• What is needed:
The result should be every line that contains the word "cleansed", taken from the material.

• Input for this task:
»»

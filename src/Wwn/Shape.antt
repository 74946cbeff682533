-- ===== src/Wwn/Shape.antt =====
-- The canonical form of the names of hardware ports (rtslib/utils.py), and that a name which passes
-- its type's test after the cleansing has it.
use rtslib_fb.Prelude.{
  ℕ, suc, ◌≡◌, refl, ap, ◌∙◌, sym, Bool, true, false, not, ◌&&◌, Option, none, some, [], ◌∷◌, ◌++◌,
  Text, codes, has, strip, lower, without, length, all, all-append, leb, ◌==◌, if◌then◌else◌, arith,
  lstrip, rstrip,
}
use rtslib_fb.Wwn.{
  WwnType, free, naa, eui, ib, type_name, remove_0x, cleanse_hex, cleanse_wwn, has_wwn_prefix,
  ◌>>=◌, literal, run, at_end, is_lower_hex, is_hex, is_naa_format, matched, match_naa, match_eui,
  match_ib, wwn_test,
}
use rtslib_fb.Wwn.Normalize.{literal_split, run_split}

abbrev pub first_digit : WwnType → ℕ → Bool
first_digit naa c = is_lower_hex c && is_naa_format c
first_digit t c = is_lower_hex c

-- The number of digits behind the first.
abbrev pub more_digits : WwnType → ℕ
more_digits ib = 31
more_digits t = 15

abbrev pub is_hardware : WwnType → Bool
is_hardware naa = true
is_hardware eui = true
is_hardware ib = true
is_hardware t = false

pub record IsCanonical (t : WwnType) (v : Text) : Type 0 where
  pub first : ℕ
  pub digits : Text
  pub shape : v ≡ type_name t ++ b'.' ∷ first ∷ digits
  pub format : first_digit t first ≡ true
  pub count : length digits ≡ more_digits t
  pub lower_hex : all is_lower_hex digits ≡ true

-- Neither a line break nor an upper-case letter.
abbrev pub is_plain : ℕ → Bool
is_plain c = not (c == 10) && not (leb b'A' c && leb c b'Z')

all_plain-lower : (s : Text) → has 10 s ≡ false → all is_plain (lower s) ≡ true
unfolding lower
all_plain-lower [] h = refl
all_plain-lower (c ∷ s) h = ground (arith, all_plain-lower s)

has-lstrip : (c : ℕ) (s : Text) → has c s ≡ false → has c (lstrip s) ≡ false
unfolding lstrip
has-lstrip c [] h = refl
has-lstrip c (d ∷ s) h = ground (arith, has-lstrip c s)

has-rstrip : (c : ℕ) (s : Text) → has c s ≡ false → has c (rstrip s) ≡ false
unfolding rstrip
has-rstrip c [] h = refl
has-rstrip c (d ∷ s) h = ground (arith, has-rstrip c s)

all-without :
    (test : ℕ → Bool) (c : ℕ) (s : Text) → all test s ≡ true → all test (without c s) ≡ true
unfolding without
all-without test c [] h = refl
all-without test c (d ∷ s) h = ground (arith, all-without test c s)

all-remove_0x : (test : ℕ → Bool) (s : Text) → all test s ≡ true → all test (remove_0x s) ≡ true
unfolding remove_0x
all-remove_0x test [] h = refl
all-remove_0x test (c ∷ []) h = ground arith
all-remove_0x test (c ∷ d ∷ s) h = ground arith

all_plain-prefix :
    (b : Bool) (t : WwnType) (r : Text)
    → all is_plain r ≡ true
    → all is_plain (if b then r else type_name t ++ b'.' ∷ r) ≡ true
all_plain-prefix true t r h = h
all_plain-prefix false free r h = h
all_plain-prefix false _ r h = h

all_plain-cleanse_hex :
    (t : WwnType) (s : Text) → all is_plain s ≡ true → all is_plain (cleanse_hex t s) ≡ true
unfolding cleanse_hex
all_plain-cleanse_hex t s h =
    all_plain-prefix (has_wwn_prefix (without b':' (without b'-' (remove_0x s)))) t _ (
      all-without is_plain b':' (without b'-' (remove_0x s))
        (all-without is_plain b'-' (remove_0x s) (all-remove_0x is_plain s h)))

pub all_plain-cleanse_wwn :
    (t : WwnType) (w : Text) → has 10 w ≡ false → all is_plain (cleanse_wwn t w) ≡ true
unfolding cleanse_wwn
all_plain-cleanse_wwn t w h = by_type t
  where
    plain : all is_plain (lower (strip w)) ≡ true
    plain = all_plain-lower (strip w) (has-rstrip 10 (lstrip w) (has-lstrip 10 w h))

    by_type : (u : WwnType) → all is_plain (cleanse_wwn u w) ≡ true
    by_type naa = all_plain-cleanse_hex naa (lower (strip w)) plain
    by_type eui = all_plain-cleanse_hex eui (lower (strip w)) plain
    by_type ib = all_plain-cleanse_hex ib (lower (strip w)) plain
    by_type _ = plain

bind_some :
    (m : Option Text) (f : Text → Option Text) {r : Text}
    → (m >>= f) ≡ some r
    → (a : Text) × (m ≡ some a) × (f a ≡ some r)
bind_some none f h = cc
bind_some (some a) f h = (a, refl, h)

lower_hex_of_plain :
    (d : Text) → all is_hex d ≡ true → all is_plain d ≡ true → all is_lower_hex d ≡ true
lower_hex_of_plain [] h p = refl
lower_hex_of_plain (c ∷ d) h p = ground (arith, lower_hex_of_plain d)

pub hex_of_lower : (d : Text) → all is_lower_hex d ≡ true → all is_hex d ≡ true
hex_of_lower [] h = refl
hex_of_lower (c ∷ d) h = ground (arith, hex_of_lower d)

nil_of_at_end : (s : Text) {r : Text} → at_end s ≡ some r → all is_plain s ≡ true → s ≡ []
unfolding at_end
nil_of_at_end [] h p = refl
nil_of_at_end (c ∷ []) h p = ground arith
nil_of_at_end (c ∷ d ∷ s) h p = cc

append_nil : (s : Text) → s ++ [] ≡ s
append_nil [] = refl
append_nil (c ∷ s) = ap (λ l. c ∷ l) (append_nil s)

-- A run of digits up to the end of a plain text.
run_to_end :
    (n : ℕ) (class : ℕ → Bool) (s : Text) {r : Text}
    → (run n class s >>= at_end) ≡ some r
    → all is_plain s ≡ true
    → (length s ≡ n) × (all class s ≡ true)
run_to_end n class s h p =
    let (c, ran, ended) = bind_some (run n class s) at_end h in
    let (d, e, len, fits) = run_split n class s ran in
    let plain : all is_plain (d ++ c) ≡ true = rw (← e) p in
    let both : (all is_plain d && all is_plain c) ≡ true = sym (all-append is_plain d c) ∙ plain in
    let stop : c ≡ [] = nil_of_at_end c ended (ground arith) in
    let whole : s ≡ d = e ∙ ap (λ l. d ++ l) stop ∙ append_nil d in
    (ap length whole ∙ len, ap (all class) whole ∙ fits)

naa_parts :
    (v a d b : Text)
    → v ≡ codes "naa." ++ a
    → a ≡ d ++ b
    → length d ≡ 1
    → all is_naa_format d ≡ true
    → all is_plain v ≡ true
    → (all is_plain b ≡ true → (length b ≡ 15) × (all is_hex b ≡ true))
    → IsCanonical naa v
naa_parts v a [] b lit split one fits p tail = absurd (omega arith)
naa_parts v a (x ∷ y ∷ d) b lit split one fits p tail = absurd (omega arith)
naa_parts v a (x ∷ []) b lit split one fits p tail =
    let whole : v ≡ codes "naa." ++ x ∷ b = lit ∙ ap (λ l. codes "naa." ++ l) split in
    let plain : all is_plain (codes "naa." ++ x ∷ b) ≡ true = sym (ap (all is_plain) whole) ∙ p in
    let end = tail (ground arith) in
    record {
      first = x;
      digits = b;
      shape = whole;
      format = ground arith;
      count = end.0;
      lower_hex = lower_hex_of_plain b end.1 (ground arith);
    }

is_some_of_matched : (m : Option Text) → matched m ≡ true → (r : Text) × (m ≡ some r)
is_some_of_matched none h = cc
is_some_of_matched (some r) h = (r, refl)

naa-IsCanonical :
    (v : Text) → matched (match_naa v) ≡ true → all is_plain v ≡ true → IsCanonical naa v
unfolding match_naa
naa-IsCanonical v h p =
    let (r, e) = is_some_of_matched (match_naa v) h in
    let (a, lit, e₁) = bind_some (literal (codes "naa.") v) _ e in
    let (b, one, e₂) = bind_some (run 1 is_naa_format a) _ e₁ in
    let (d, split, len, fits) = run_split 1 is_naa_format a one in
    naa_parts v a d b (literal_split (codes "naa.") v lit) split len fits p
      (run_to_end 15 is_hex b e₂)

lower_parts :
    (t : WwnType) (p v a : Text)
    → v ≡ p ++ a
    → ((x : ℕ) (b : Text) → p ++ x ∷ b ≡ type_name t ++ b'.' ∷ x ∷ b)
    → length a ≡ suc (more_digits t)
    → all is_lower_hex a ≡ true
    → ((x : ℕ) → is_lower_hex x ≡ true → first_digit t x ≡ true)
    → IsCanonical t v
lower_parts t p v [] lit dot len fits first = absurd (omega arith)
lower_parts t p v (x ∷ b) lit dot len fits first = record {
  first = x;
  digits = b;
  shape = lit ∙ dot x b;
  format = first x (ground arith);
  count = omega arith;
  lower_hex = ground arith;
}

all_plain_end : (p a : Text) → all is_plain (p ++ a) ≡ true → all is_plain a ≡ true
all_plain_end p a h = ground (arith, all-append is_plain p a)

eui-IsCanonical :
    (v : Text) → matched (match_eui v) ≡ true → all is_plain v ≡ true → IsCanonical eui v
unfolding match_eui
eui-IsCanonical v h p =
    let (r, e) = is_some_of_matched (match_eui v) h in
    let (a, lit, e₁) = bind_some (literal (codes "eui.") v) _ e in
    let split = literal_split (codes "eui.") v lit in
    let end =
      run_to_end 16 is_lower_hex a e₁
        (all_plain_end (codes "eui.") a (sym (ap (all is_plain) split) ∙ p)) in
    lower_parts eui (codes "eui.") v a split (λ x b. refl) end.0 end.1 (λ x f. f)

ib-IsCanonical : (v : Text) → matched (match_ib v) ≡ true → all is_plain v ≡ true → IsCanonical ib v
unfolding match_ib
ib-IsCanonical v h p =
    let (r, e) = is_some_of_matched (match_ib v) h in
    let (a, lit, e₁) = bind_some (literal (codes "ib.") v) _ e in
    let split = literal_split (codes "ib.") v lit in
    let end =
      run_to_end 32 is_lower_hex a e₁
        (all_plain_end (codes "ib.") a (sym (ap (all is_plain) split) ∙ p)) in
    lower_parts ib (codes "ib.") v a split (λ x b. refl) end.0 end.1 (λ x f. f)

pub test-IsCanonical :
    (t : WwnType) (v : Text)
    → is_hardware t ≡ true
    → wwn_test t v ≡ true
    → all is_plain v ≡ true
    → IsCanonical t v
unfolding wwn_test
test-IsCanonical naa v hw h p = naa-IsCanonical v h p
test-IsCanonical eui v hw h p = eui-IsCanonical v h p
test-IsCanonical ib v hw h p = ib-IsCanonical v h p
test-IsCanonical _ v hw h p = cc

««
»»

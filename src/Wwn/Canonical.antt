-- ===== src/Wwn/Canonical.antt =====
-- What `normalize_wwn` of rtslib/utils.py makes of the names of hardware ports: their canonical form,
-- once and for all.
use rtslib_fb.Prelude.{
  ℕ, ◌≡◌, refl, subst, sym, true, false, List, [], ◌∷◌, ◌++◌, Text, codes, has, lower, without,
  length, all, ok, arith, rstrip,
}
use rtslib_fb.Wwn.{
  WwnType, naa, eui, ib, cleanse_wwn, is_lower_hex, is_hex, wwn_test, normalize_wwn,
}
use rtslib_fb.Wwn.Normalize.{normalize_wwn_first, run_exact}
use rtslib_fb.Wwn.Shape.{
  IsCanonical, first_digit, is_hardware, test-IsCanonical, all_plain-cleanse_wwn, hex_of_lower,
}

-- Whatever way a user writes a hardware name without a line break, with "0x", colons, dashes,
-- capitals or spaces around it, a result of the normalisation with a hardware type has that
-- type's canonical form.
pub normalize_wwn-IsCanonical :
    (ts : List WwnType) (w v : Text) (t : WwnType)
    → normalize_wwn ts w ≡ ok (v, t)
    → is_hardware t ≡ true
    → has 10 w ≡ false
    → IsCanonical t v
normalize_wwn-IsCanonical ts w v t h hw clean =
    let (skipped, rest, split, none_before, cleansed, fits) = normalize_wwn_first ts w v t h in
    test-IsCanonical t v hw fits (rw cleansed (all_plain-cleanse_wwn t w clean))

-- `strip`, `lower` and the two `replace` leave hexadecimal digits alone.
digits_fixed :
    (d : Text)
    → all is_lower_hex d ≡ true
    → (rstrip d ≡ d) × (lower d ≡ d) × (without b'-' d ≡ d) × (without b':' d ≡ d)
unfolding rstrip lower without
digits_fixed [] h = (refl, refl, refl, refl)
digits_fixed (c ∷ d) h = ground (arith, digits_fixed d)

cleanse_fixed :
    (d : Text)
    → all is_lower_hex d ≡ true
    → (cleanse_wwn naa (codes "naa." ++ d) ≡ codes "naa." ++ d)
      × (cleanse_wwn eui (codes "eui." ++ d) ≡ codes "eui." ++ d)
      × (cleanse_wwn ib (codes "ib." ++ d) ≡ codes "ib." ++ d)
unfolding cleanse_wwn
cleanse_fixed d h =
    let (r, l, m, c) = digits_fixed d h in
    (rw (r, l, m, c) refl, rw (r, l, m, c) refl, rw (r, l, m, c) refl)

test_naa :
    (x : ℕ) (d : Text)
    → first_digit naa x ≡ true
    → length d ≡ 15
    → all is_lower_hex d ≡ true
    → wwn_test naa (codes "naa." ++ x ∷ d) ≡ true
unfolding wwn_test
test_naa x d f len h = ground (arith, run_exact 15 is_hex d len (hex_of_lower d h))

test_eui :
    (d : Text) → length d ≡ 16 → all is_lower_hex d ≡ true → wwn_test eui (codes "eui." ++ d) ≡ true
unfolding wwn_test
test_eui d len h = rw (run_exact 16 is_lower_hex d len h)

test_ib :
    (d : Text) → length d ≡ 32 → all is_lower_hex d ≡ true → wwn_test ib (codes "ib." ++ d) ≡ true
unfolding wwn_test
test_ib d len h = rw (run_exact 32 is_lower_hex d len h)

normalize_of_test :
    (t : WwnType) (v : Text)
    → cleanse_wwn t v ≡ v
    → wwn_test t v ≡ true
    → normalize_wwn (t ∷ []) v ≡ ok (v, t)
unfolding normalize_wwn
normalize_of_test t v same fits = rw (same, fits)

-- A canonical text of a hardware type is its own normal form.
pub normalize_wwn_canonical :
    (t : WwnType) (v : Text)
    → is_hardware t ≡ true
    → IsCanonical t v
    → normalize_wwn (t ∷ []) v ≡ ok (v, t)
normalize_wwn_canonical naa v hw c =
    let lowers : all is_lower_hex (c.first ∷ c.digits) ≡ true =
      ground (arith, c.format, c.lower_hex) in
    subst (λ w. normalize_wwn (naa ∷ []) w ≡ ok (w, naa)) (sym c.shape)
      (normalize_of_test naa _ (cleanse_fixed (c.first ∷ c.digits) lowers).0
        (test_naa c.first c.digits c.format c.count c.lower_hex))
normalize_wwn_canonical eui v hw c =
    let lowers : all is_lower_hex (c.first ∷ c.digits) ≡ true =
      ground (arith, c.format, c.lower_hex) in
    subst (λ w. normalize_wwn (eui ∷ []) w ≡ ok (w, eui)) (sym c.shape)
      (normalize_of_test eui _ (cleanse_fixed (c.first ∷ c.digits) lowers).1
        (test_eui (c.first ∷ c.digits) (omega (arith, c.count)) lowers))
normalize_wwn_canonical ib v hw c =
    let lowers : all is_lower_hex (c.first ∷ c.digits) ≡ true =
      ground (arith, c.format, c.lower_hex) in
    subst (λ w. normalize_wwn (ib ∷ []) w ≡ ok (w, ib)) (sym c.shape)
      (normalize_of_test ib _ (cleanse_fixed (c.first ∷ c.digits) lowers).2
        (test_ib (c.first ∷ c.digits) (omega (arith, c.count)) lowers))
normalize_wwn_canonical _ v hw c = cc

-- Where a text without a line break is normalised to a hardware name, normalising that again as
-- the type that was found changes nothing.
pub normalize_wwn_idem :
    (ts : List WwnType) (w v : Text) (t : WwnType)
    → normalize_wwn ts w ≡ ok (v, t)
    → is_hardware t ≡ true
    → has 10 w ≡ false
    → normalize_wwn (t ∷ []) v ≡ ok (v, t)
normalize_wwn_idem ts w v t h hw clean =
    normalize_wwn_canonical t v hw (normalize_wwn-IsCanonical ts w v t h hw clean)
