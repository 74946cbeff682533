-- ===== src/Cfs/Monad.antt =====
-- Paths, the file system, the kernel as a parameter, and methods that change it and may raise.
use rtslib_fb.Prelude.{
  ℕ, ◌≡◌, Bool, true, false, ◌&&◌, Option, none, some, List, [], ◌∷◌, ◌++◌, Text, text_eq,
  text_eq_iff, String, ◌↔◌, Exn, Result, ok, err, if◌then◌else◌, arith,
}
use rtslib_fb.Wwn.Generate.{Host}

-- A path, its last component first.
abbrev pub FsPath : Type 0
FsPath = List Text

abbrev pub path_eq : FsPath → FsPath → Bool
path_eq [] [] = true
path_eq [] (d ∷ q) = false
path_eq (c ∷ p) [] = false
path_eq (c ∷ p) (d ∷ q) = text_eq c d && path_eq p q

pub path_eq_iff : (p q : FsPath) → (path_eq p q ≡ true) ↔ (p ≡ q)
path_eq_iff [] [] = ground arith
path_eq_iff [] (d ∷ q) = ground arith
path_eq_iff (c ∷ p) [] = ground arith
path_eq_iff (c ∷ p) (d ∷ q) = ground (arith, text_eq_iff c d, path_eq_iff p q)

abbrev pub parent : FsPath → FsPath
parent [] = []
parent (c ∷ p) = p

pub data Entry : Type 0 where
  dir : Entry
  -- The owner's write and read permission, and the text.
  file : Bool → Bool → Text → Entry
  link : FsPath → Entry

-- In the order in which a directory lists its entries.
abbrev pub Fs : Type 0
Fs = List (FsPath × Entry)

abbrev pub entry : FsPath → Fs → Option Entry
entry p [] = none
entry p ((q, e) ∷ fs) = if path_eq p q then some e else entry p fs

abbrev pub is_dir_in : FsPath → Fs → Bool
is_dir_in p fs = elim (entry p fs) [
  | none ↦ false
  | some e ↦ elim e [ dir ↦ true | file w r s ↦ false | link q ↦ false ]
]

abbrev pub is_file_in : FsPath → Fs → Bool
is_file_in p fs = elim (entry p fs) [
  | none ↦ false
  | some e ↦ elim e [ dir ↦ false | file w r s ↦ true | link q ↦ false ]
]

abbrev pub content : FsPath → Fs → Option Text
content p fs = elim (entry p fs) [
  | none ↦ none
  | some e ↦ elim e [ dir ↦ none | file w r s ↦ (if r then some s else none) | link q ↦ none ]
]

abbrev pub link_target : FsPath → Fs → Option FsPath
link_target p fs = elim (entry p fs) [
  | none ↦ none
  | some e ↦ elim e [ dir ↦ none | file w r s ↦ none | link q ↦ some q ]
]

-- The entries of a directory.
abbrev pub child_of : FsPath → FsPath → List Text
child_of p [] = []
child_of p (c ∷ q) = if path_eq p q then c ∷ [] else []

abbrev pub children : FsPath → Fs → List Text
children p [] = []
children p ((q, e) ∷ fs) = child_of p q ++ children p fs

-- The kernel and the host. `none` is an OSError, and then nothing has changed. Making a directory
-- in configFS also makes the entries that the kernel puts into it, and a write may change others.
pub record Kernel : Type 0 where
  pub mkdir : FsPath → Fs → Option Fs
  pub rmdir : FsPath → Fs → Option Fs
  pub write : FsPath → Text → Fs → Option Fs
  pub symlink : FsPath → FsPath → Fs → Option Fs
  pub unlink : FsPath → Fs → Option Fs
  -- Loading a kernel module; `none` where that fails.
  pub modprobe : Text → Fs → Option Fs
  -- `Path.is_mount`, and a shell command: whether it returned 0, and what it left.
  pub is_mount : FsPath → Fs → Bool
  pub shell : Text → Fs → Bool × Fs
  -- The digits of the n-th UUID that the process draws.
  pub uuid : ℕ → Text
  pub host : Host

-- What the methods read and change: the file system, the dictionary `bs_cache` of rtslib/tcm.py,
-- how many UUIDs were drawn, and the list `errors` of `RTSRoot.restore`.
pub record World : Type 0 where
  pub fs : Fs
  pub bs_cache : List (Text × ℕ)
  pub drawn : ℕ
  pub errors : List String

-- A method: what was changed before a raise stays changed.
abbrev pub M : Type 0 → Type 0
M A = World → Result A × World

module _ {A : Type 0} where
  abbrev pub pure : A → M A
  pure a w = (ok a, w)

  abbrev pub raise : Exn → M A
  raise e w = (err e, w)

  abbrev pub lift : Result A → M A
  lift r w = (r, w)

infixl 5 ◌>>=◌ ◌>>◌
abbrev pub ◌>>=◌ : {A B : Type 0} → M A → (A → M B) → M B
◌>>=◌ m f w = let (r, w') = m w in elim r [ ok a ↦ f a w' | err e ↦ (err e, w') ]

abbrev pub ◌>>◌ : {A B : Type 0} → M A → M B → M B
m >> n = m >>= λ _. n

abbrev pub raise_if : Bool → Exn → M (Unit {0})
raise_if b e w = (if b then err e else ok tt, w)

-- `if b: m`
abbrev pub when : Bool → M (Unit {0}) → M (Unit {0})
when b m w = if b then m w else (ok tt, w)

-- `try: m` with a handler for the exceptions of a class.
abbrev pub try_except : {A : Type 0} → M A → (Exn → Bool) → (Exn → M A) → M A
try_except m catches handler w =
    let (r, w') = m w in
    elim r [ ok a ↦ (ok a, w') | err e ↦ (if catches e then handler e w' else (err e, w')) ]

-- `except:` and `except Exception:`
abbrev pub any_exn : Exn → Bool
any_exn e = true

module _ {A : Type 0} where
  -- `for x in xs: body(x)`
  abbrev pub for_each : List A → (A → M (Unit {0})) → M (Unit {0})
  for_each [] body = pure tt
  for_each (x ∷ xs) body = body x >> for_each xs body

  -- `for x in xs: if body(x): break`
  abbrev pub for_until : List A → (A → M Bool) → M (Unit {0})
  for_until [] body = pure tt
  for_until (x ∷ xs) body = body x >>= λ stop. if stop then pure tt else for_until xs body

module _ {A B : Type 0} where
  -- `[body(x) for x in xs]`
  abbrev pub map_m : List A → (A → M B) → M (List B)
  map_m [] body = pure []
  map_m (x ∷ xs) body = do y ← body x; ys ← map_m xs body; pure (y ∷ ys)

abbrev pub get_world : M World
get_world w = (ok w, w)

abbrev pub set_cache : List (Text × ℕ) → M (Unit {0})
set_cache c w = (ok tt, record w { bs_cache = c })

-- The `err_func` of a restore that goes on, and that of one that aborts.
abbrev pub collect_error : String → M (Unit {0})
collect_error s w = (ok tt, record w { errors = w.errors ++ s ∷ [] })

««

• Result of this exercise:
    let (skipped, rest, split, none_before, cleansed, fits) = normalize_wwn_first ts w v t h in
    test-IsCanonical t v hw fits (rw cleansed (all_plain-cleanse_wwn t w clean))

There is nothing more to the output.